We’ll start with a consumer for import URLs:
def produceAccountUpdates: IO[Unit] =
kafka
.consumerStream[IO]
.using(ConsumerSettings[IO, String, Url])
.evalTap(_.subscribeTo("imports"))
.flatMap(_.stream)
.flatMap { committable =>
httpClient
.download(committable.record.value)
.through(csvParser.parse[(Long, Url)])
.map {
case (accountId, url) =>
ProducerRecords.one(
ProducerRecord("account-updates", accountId, url),
committable.offset
)
}
}
.through(kafka.produce(ProducerSettings[IO, Long, Url]))
.evalMap(_.passthrough.commit)
.compile
.drain
In this example, we consume from a topic called “imports” that contains URLs we should download. We download each file and produce new messages containing the account ID and URL to download to fetch transactions.
We can fetch the transactions in another consumer:
def fetchAccountUpdates: IO[Unit] =
kafka
.consumerStream[IO]
.using(ConsumerSettings[IO, Long, Url])
.evalTap(_.subscribeTo("account-updates"))
.flatMap(_.stream)
.flatMap { committable =>
httpClient
.download(committable.record.value)
.through(csvParser.parse[Transaction])
.map { transaction =>
ProducerRecords.one(
ProducerRecord(
"transactions",
transaction.id,
(committable.record.key, transaction)
),
committable.offset
)
}
}
.through(kafka.produce(ProducerSettings[IO, Long, (Long, Transaction)]))
.evalMap(_.passthrough.commit)
.compile
.drain
This consumes the topic containing URLs for transactions and downloads them. Each line parsed from the transaction CSV will be produced to a new topic.
Lastly, we need to write the transactions to our database:
def saveAccountUpdates: IO[Unit] =
kafka
.consumerStream[IO]
.using(ConsumerSettings[IO, Long, (Long, Transaction)])
.evalTap(_.subscribeTo("transactions"))
.flatMap(_.stream)
.evalMap { committable =>
val (accountId, transaction) = committable.record.value
transactionDatabase
.save(accountId, transaction)
.flatMap { _ =>
committable.offset.commit
}
}
.compile
.drain
This consumes the transactions topic and writes each transaction to the database.
These Kafka consumers will run on independent threads. For smaller scale, you could run all the consumers in a single process. However, you can also run each consumer in one or more independent processes, allowing massive, horizontal scale.
Conclusion
By breaking up our job into several messages, we’ve acquired some new abilities:
- A job interrupted in the middle won’t need to reprocess steps that have already completed. We can further improve the delivery guarantees of this approach by taking advantage of Kafka’s transactional commits.

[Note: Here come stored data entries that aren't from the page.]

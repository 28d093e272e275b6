-- ===== src/Runner/Examples.antt =====
-- Tests and concrete instances of the theorems on the runner: a loop whose first response calls a
-- tool and whose second one answers.
use minicore_runtime.Base.{
  ℕ, ◌≡◌, refl, true, false, List, [], ◌∷◌, Option, none, some, Result, ok, arith,
}
use minicore_runtime.Text.{Text}
use minicore_runtime.Interaction.{CanonicalResult}
use minicore_runtime.Json.{json_object, no_members}
use minicore_runtime.PortCall.{returned}
use minicore_runtime.Message.{ToolCall, text, tool_call}
use minicore_runtime.Exchange.{user}
use minicore_runtime.Control.{new, CancelSource, CancelReason}
use minicore_runtime.Control.Host.{host_cancels, Unsealed}
use minicore_runtime.Batch.{Panic}
use minicore_runtime.Batch.Port.{Outside, Interacting, completed, dropped_arm}
use minicore_runtime.Response.{ModelResponse, stop, tool_calls}
use minicore_runtime.Execution.{ExecutionConfig, auto}
use minicore_runtime.Options.{LoopOptions, LoopRequest, default_options}
use minicore_runtime.Control.Calls.{step}
use minicore_runtime.Control.{mark_cancel}
use minicore_runtime.Control.Host.{land}
use minicore_runtime.Request.{with_validated_tools}
use minicore_runtime.Exchange.{validate_tool_exchange, check_exchange, validate_message}
use minicore_runtime.Text.{valid_text, byte_len, allowed_char, is_control}
use minicore_runtime.Ids.{bytes_eq}
use minicore_runtime.Usage.{sum_usage, sum_field}
use minicore_runtime.Message.{as_tool_call}
use minicore_runtime.Batch.{completed_result}
use minicore_runtime.History.{append_tool_result}
use minicore_runtime.Runner.{LoopControl, LoopReport, LoopOutcome}
use minicore_runtime.Runner.Turn.{Pass}
use minicore_runtime.Runner.Loop.{run_loop}
use minicore_runtime.Runner.Report.{HasReport}
use minicore_runtime.Runner.Published.{Reported, run_loop-Reported}
use minicore_runtime.Runner.Appended.{IsExchanged, run_loop-IsExchanged}
use minicore_runtime.Runner.Bounds.{IsWithin, run_loop-IsWithin, run_loop_ends}
use minicore_runtime.Runner.Completed.{IsConcluded, run_loop-IsConcluded}

abbrev config : ExecutionConfig
config = record {
  descriptor = record {
    model_ref = 109 ∷ [];
    context_window = 1000;
    supported_reasoning = auto ∷ [];
    supports_tools = true;
  };
  reasoning = auto;
  tools =
      record { name = 120 ∷ []; description = 120 ∷ []; input_schema = json_object no_members }
      ∷ [];
}

abbrev options : LoopOptions
options = record default_options { max_tool_rounds = 2 }

abbrev request : LoopRequest
request = record { history = []; input = 104 ∷ []; config = config }

abbrev call : ToolCall
call = record {
  tool_call_id = 49 ∷ [];
  name = 120 ∷ [];
  arguments = json_object no_members;
  call_index = 0;
}

abbrev nobody : Interacting ExecutionConfig
nobody = record { id = none; reply = 0; meanwhile = []; arm = dropped_arm }

abbrev tool_answers : ℕ → Outside ExecutionConfig
tool_answers i = record {
  token_cancelled = false;
  policy_outcome = none;
  approval = nobody;
  tool_outcome = returned (ok (completed (111 ∷ [])));
  input = nobody;
}

abbrev calling : ModelResponse
calling = record {
  parts = tool_call call ∷ [];
  finish_reason = tool_calls;
  usage = none;
  provider_replay = none;
}

abbrev answering : ModelResponse
answering = record {
  parts = text (104 ∷ []) ∷ [];
  finish_reason = stop;
  usage = none;
  provider_replay = none;
}

abbrev pass : ModelResponse → Pass
pass response = record {
  before = [];
  now = 0;
  inputs = ok [];
  during_prompt = [];
  prompt_outcome = returned (ok (user (104 ∷ []) ∷ []));
  later_inputs = ok [];
  during_model = [];
  model_outcome = ok response;
  outside = tool_answers;
}

abbrev passes : List Pass
passes = pass calling ∷ pass answering ∷ pass answering ∷ []

abbrev encode : CanonicalResult → Text
encode v = []

control : LoopControl
unfolding new
control = new (1 ∷ [])

control_is_open : Unsealed control
unfolding control new
control_is_open = refl

run_loop-Reported_example :
    Reported (run_loop (λ c. true) encode options request passes [] [] control)
run_loop-Reported_example =
    run_loop-Reported (λ c. true) encode options request passes [] [] control control_is_open

run_loop-IsExchanged_example :
    HasReport
      (IsExchanged options)
      (run_loop (λ c. true) encode options request passes [] [] control)
run_loop-IsExchanged_example =
    run_loop-IsExchanged (λ c. true) encode options request passes [] [] control control_is_open

run_loop-IsWithin_example :
    HasReport (IsWithin options) (run_loop (λ c. true) encode options request passes [] [] control)
run_loop-IsWithin_example =
    run_loop-IsWithin (λ c. true) encode options request passes [] [] control control_is_open

run_loop_ends_example :
    (report : LoopReport) × ((run_loop (λ c. true) encode options request passes [] [] control).1
      ≡ some (ok report))
run_loop_ends_example =
    run_loop_ends (λ c. true) encode options request passes [] [] control control_is_open
      (omega arith) (omega arith) (omega arith)

run_loop-IsConcluded_example :
    HasReport IsConcluded (run_loop (λ c. true) encode options request passes [] [] control)
run_loop-IsConcluded_example =
    run_loop-IsConcluded (λ c. true) encode options request passes [] [] control control_is_open

-- What the report says of the outcome and the counts.
abbrev summary : Option (Result LoopReport Panic) → Option (LoopOutcome × ℕ × ℕ)
summary (some (ok report)) = some (report.outcome, report.requests, report.tool_rounds)
summary _ = none

second_response_completes :
    summary (run_loop (λ c. true) encode options request passes [] [] control).1
    ≡ some (LoopOutcome.completed, 2, 1)
unfolding run_loop control land step with_validated_tools validate_tool_exchange check_exchange
    validate_message valid_text byte_len allowed_char is_control bytes_eq sum_usage sum_field
    as_tool_call mark_cancel completed_result append_tool_result
    minicore_runtime.Runner.Turn.take_boundary minicore_runtime.Runner.Turn.prepare_prompt
    minicore_runtime.Runner.Turn.build_model_request minicore_runtime.Runner.Turn.no_tool_finish
    minicore_runtime.Batch.Port.valid_decision
second_response_completes = refl

cancelled_at_the_seal :
    summary
      (run_loop
        (λ c. true)
        encode
        options
        request
        passes
        (host_cancels CancelSource.shutdown ∷ [])
        []
        control).1
    ≡ some (LoopOutcome.cancelled CancelReason.shutdown, 2, 1)
unfolding run_loop control land step with_validated_tools validate_tool_exchange check_exchange
    validate_message valid_text byte_len allowed_char is_control bytes_eq sum_usage sum_field
    as_tool_call mark_cancel completed_result append_tool_result
    minicore_runtime.Runner.Turn.take_boundary minicore_runtime.Runner.Turn.prepare_prompt
    minicore_runtime.Runner.Turn.build_model_request minicore_runtime.Runner.Turn.no_tool_finish
    minicore_runtime.Batch.Port.valid_decision
cancelled_at_the_seal = refl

- We can scale each step of the job horizontally and independently
- If we want to reuse the output of a step, we can create a new consumer that uses the same topic. For example, we could also write the transactions to a different database.
- If we need to aggregate the incoming data, we can do so using Kafka Streams.

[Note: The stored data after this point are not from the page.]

-- ===== src/Client/Fetch.antt =====
-- `fetch_json` of src/dragonsniff/client.py: one request and what is recorded of its outcome. What the
-- opener gives is an argument; elapsed times, headers and the texts of errors are left out.
pub mod Logged
pub mod Outcomes
use dragon_sniff.Prelude.{
  ℕ, suc, ◌+◌, String, Bool, true, false, not, ◌&&◌, ◌||◌, List, [], ◌∷◌, ◌++◌, Option, none, some,
  str_eq, ltb, leb, if◌then◌else◌, length, take, any, is_some,
}
use dragon_sniff.Json.{Value, null}
use dragon_sniff.Runtime.{Bytes}
use dragon_sniff.Client.Parsed.{Text, Codec, ParseErrorKind, Reading, parse_decoded_json}

-- `read(limit + 1)` gives at most that many bytes of a body. An HTTPError is an answer whose status
-- urllib refuses; reading its body may raise too. `failed` stands for OSError, URLError, TimeoutError
-- and HTTPException, that of the connection budget included.
pub data Answer : Type 0 where
  answered : ℕ → Bytes → Answer
  http_error : ℕ → Bytes → Answer
  http_error_unread : ℕ → Answer
  failed : Answer

pub record FetchResult : Type 0 where
  pub request_id : ℕ
  pub endpoint : String
  pub status : Option ℕ
  pub raw_payload : Option Text
  pub parsed : Value
  pub decode_error : Option String
  pub parse_error_kind : Option ParseErrorKind
  pub parsed_available : Bool
  pub response_received : Bool
  pub http_ok : Bool
  pub response_too_large : Bool
  pub is_ok : Bool

-- The records of a fetch.
pub data Entry : Type 0 where
  http_request : ℕ → String → Entry
  http_response http_failure : FetchResult → Entry

abbrev pub json_endpoints : List String
json_endpoints = "/api/v2/info" ∷ "/api/v2/state" ∷ "/api/v2/health" ∷ []

abbrev pub in_2xx : ℕ → Bool
in_2xx status = leb 200 status && ltb status 300

abbrev pub no_error : FetchResult → Bool
no_error r = not (is_some r.decode_error) && not (is_some r.parse_error_kind)

abbrev pub blank : ℕ → String → FetchResult
blank id path = record {
  request_id = id;
  endpoint = path;
  status = none;
  raw_payload = none;
  parsed = null;
  decode_error = none;
  parse_error_kind = none;
  parsed_available = false;
  response_received = false;
  http_ok = false;
  response_too_large = false;
  is_ok = false;
}

unfoldable pub with_reading :
    Text → Option String → FetchResult → Option Reading → Option FetchResult
with_reading raw e r none = none
with_reading raw e r (some reading) = some (record r {
  raw_payload = some raw;
  decode_error = e;
  parsed = reading.parsed;
  parse_error_kind = reading.parse_error_kind;
  parsed_available = not (is_some e) && not (is_some reading.parse_error_kind);
  response_received = true;
})

-- None where parsing raises.
abbrev pub read_body : Codec → Bytes → FetchResult → Option FetchResult
read_body c body r =
    let (raw, e) = c.decode body in with_reading raw e r (parse_decoded_json c raw e)

unfoldable pub response_result : Codec → ℕ → ℕ → String → ℕ → Bytes → Option Entry
response_result c limit id path status body =
    if ltb limit (length body)
    then some (
        http_failure (record (blank id path) {
          status = some status;
          response_received = true;
          http_ok = in_2xx status;
          response_too_large = true;
        }))
    else elim (read_body c body
        (record (blank id path) { status = some status; http_ok = in_2xx status })) [
          | none ↦ none
          | some r ↦ some (http_response (record r { is_ok = r.http_ok && r.parsed_available }))
        ]

-- The body of an error is cut at the limit and then not parsed.
unfoldable pub error_result : Codec → ℕ → ℕ → String → ℕ → Bytes → Option Entry
error_result c limit id path status body =
    let base = record (blank id path) { status = some status; response_received = true } in
    if ltb limit (length body)
    then (let (raw, e) = c.decode (take limit body) in
        some (
          http_response
            (record base { raw_payload = some raw; decode_error = e; response_too_large = true })))
    else elim (read_body c body base) [ none ↦ none | some r ↦ some (http_response r) ]

-- What is to be recorded behind the request; none where an exception leaves the method before.
unfoldable pub outcome_of : Codec → ℕ → ℕ → String → Answer → Option Entry
outcome_of c limit id path (answered status body) = response_result c limit id path status body
outcome_of c limit id path (http_error status body) = error_result c limit id path status body
outcome_of c limit id path (http_error_unread status) = none
outcome_of c limit id path failed = some (http_failure (blank id path))

abbrev pub result_of : Entry → FetchResult
result_of (http_response r) = r
result_of (http_failure r) = r
result_of (http_request id path) = blank id path

-- What a call leaves: the counter of the client, what it recorded, and the result, which is none where
-- an exception leaves the method.
pub record Call : Type 0 where
  pub request_sequence : ℕ
  pub entries : List Entry
  pub returned : Option FetchResult

-- The recorder takes a record or raises a RuntimeError, which is not caught.
unfoldable pub record_outcome : (Entry → Bool) → ℕ → String → Option Entry → Call
record_outcome can_record id path none = record {
  request_sequence = id;
  entries = http_request id path ∷ [];
  returned = none;
}
record_outcome can_record id path (some e) = record {
  request_sequence = id;
  entries = http_request id path ∷ (if can_record e then e ∷ [] else []);
  returned = if can_record e then some (result_of e) else none;
}

-- The counter is that of the client, which the stream and other fetches take numbers from as well.
unfoldable pub fetch_json : (Entry → Bool) → Codec → ℕ → String → Answer → ℕ → Call
fetch_json can_record c limit path answer request_sequence =
    let id = request_sequence + 1 in
    if any (str_eq path) json_endpoints
    then (if can_record (http_request id path)
        then record_outcome can_record id path (outcome_of c limit id path answer)
        else record { request_sequence = id; entries = []; returned = none })
    else record { request_sequence = request_sequence; entries = []; returned = none }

Using Kafka also has some advantages over queue-based message brokers like RabbitMQ:
- Using consistent partitioning, we are guaranteed transactions for a given account are processed in order.
- By using transactional commits and managing offsets for the final database write, we can simulate exactly-once delivery.

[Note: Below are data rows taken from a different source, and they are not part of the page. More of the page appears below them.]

-- ===== src/Capture/Run.antt =====
-- The run of a capture: `start`, `stop`, `_run`, `_sample`, `_observe_boot_id`, `_complete` and
-- `_finish_if_complete` of src/dragonsniff/capture.py. Each part that runs under the lock is one step, so
-- an interleaving of the worker thread with callers is a list of steps.
pub mod Ended
pub mod Live
pub mod Tallied
mod Tests
use dragon_sniff.Prelude.{
  ℕ, ◌+◌, String, Bool, true, false, not, ◌&&◌, ◌||◌, List, [], ◌∷◌, ◌++◌, Option, none, some,
  str_eq, ◌==◌, if◌then◌else◌, ◌≡◌,
}
use dragon_sniff.Prelude.Int.{ℤ}
use dragon_sniff.Json.{Value, Fields, obj, str, num, int, bool, null, get}
use dragon_sniff.Client.Fetch.{FetchResult}
use dragon_sniff.Capture.Annotate.{Phase, idle, running, stopping, completed, cancelled, failed}

-- Where the worker thread is: not made, made and not started, made and never to be started, in the body of
-- `_run`, behind it with an outcome, in `_complete` before the terminal record, behind it, and gone.
pub data Worker : Type 0 where
  absent created lost sampling : Worker
  leaving recording : Phase → Worker
  settled exited : Worker

pub record BootChange : Type 0 where
  pub previous : String
  pub current : String
  pub fetch_sequence : ℕ

-- The entries of `_state`, the two events, and what the run waits for. `ended` is the terminal record.
pub record Run : Type 0 where
  pub phase : Phase
  pub fetches_completed : ℕ
  pub samples_completed : ℕ
  pub state_successes : ℕ
  pub state_failures : ℕ
  pub health_successes : ℕ
  pub health_failures : ℕ
  pub initial_boot_id : Option String
  pub latest_boot_id : Option String
  pub boot_id_changes : List BootChange
  pub cleanup_complete : Bool
  pub cancel : Bool
  pub finished : Bool
  pub connections : ℕ
  pub source_alive : Bool
  pub ended : Option Phase

abbrev pub new_run : Run
new_run = record {
  phase = idle;
  fetches_completed = 0;
  samples_completed = 0;
  state_successes = 0;
  state_failures = 0;
  health_successes = 0;
  health_failures = 0;
  initial_boot_id = none;
  latest_boot_id = none;
  boot_id_changes = [];
  cleanup_complete = true;
  cancel = false;
  finished = false;
  connections = 0;
  source_alive = false;
  ended = none;
}

abbrev pub is_terminal : Phase → Bool
is_terminal completed = true
is_terminal cancelled = true
is_terminal failed = true
is_terminal _ = false

-- The three endpoints.
pub data Endpoint : Type 0 where
  info state health : Endpoint

-- `str(boot_id)` of a text or an int; `str_of_int` prints an int.
abbrev pub boot_id_text : (ℤ → String) → Value → Option String
boot_id_text str_of_int (str s) = some s
boot_id_text str_of_int (num (int z)) = some (str_of_int z)
boot_id_text str_of_int (bool true) = some "True"
boot_id_text str_of_int (bool false) = some "False"
boot_id_text str_of_int _ = none

abbrev pub boot_id_of : Value → Value
boot_id_of (obj fs) = get fs "boot_id"
boot_id_of _ = null

abbrev pub changes_after : Option String → Option String → String → ℕ → List BootChange
changes_after none previous boot_id n = []
changes_after (some initial) none boot_id n = []
changes_after (some initial) (some previous) boot_id n =
    if str_eq previous boot_id
    then []
    else record { previous = previous; current = boot_id; fetch_sequence = n } ∷ []

abbrev pub or_first : Option String → String → Option String
or_first none boot_id = some boot_id
or_first (some initial) boot_id = some initial

abbrev pub see_boot_id : Option String → ℕ → Run → Run
see_boot_id none n s = s
see_boot_id (some boot_id) n s = record s {
  initial_boot_id = or_first s.initial_boot_id boot_id;
  latest_boot_id = some boot_id;
  boot_id_changes = s.boot_id_changes ++ changes_after s.initial_boot_id s.latest_boot_id boot_id n;
}

unfoldable pub observe_boot_id : (ℤ → String) → Value → ℕ → Run → Run
observe_boot_id str_of_int parsed n s =
    see_boot_id (boot_id_text str_of_int (boot_id_of parsed)) n s

abbrev pub one_if : Bool → ℕ
one_if true = 1
one_if false = 0

-- What `_sample` does under its second lock.
unfoldable pub sample : (ℤ → String) → Endpoint → FetchResult → Run → Run
sample str_of_int info r s = record s { fetches_completed = s.fetches_completed + 1 }
sample str_of_int state r s = record s {
  fetches_completed = s.fetches_completed + 1;
  state_successes = s.state_successes + one_if r.is_ok;
  state_failures = s.state_failures + one_if (not r.is_ok);
  samples_completed = s.samples_completed + 1;
}
sample str_of_int health r s =
    observe_boot_id str_of_int r.parsed (s.fetches_completed + 1) (record s {
      fetches_completed = s.fetches_completed + 1;
      health_successes = s.health_successes + one_if r.is_ok;
      health_failures = s.health_failures + one_if (not r.is_ok);
    })

abbrev pub is_stopping : Phase → Bool
is_stopping stopping = true
is_stopping _ = false

-- What `_finish_if_complete` waits for beside the thread.
abbrev pub is_held : Run → Bool
is_held s = not (s.connections == 0) || (s.source_alive || is_stopping s.phase)

-- `_finish_if_complete` where the thread is the caller's or is not alive.
unfoldable pub finish_if_complete : Run → Run
finish_if_complete s =
    if is_held s
    then s
    else record s { cleanup_complete = true; finished = s.finished || is_terminal s.phase }

abbrev pub is_alive : Worker → Bool
is_alive absent = false
is_alive created = false
is_alive lost = false
is_alive exited = false
is_alive _ = true

abbrev pub is_idle : Phase → Bool
is_idle idle = true
is_idle _ = false

-- The first lock of `stop`.
abbrev pub request_stop : Run → Run
request_stop s = if is_terminal s.phase || is_idle s.phase then s else record s { phase = stopping }

-- The outcome of the body.
abbrev pub outcome_of_body : Bool → Bool → Phase
outcome_of_body seen raised_ = if seen then cancelled else (if raised_ then failed else completed)

-- `start` under the lock; `source` is whether the printer's source has a thread.
abbrev pub started : Bool → Run → Run
started source s = record s { phase = running; cleanup_complete = false; source_alive = source }

-- `_complete` under the lock.
abbrev pub final_phase : Phase → Run → Phase
final_phase outcome s = if s.cancel then cancelled else outcome

abbrev pub completing : Phase → Run → Run
completing outcome s = record s { phase = final_phase outcome s; cleanup_complete = false }

-- The steps of the worker and of the callers.
pub data Step (str_of_int : ℤ → String) : Worker → Run → Worker → Run → Type 0 where
  starts :
      {s : Run} (source : Bool)
      → is_idle s.phase ≡ true
      → Step str_of_int absent s created (started source s)
  -- the record of the start cannot be persisted, and `start` raises
  starts_unrecorded :
      {s : Run}
      → is_idle s.phase ≡ true
      → Step str_of_int absent s absent (record s { phase = running; cleanup_complete = false })
  -- starting the printer's source raises, which may have got as far as a thread of its own
  starts_without_thread :
      {s : Run} (source : Bool)
      → is_idle s.phase ≡ true
      → Step str_of_int absent s lost (started source s)
  -- the operating system refuses the thread, and `start` raises
  thread_refused : {s : Run} → Step str_of_int created s lost s
  thread_starts : {s : Run} → Step str_of_int created s sampling s
  fetch_begins :
      {s : Run} → Step str_of_int sampling s sampling (record s { connections = s.connections + 1 })
  fetch_ends :
      {s : Run} (path : Endpoint) (r : FetchResult)
      → Step str_of_int sampling s sampling
          (sample str_of_int path r (record s { connections = 0 }))
  -- the body of `_run` ends, or is left by an exception; `seen` is whether it has seen the cancel
  leaves :
      {s : Run} (seen raised_ : Bool)
      → (seen ≡ true → s.cancel ≡ true)
      → Step str_of_int sampling s
          (leaving (outcome_of_body seen raised_))
          (record s { connections = 0 })
  completes :
      {s : Run} {outcome : Phase}
      → Step str_of_int
          (leaving outcome)
          s
          (recording (final_phase outcome s))
          (completing outcome s)
  records :
      {s : Run} {final : Phase}
      → Step str_of_int (recording final) s settled (record s { ended = some final })
  -- the terminal record cannot be persisted
  fails_to_record :
      {s : Run} {final : Phase}
      → Step str_of_int (recording final) s settled (record s { phase = failed })
  worker_checks : {s : Run} → Step str_of_int settled s settled (finish_if_complete s)
  thread_ends : {s : Run} → Step str_of_int settled s exited s
  -- the printer's source ends, in its own thread
  source_ends : {w : Worker} {s : Run} → Step str_of_int w s w (record s { source_alive = false })
  -- `stop`, in its two parts
  stop_requested : {w : Worker} {s : Run} → Step str_of_int w s w (request_stop s)
  cancel_set : {w : Worker} {s : Run} → Step str_of_int w s w (record s { cancel = true })
  -- `snapshot`, `stop` and `wait_finished` in another thread
  caller_checks :
      {w : Worker} {s : Run} → is_alive w ≡ false → Step str_of_int w s w (finish_if_complete s)

-- The states that some interleaving leads to.
pub data Reach (str_of_int : ℤ → String) : Worker → Run → Type 0 where
  begins : Reach str_of_int absent new_run
  then :
      {w w' : Worker} {s s' : Run}
      → Reach str_of_int w s
      → Step str_of_int w s w' s'
      → Reach str_of_int w' s'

- If we need to aggregate data, we can probably aggregate it using Kafka streams from existing topics rather than using a separate system like Spark.
Learning to think in terms of message streams instead of jobs queues is an important step in building data pipelines. Using small, independent messages allows you to process data more efficiently and opens up opportunities for higher concurrency and better consistency guarantees.